**TASK OBJECTIVE**:
Answer with a number only, giving how many lines in the data below include "List".

== Segment start ==

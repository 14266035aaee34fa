-- ===== src/Server/Steps.antt =====
-- server/src/tpmctx.rs: a `TpmContext` over its life, one request after the other. Its state is that
-- of the generator and of the source of entropy.
pub mod Invariant
pub mod Sequence
use tpm_rs.Prelude.{ℕ, ◌≡◌, List, [], ◌∷◌}
use tpm_rs.Outcome.{Outcome, ok, ◌>>=◌}
use tpm_rs.Server.Crypto.{Drbg, EntropySource, Crypto, crypto_new}
use tpm_rs.Server.Context.{execute_command_separate, execute_command_in_place}

module _ {D S : Type 0} (rng : Drbg D) (source : EntropySource S) where
  -- One request, in a buffer of its own or in that of the response.
  pub data Step : Crypto D S → Crypto D S → Type 0 where
    separate_step :
        {c c' : Crypto D S} (request response w : List ℕ) (size : ℕ)
        → execute_command_separate rng source c request response ≡ ok (size, (c', w))
        → Step c c'
    in_place_step :
        {c c' : Crypto D S} (buffer w : List ℕ) (request_size size : ℕ)
        → execute_command_in_place rng source c buffer request_size ≡ ok (size, (c', w))
        → Step c c'

  -- The states from `TpmContext::new` on.
  pub data Reachable : Crypto D S → Type 0 where
    started : {c : Crypto D S} → crypto_new rng source ≡ ok c → Reachable c
    stepped : {c c' : Crypto D S} → Reachable c → Step c c' → Reachable c'

  -- A sequence of requests, each with the buffer for its response, and the responses.
  unfoldable pub execute_all :
      Crypto D S → List (List ℕ × List ℕ) → Outcome ⊥ (Crypto D S × List (ℕ × List ℕ))
  execute_all crypto [] = ok (crypto, [])
  execute_all crypto ((request, response) ∷ requests) = do
    (size, (crypto', w)) ← execute_command_separate rng source crypto request response
    (last, responses) ← execute_all crypto' requests
    ok (last, (size, w) ∷ responses)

== Segment end ==

**RESPONSE**:
4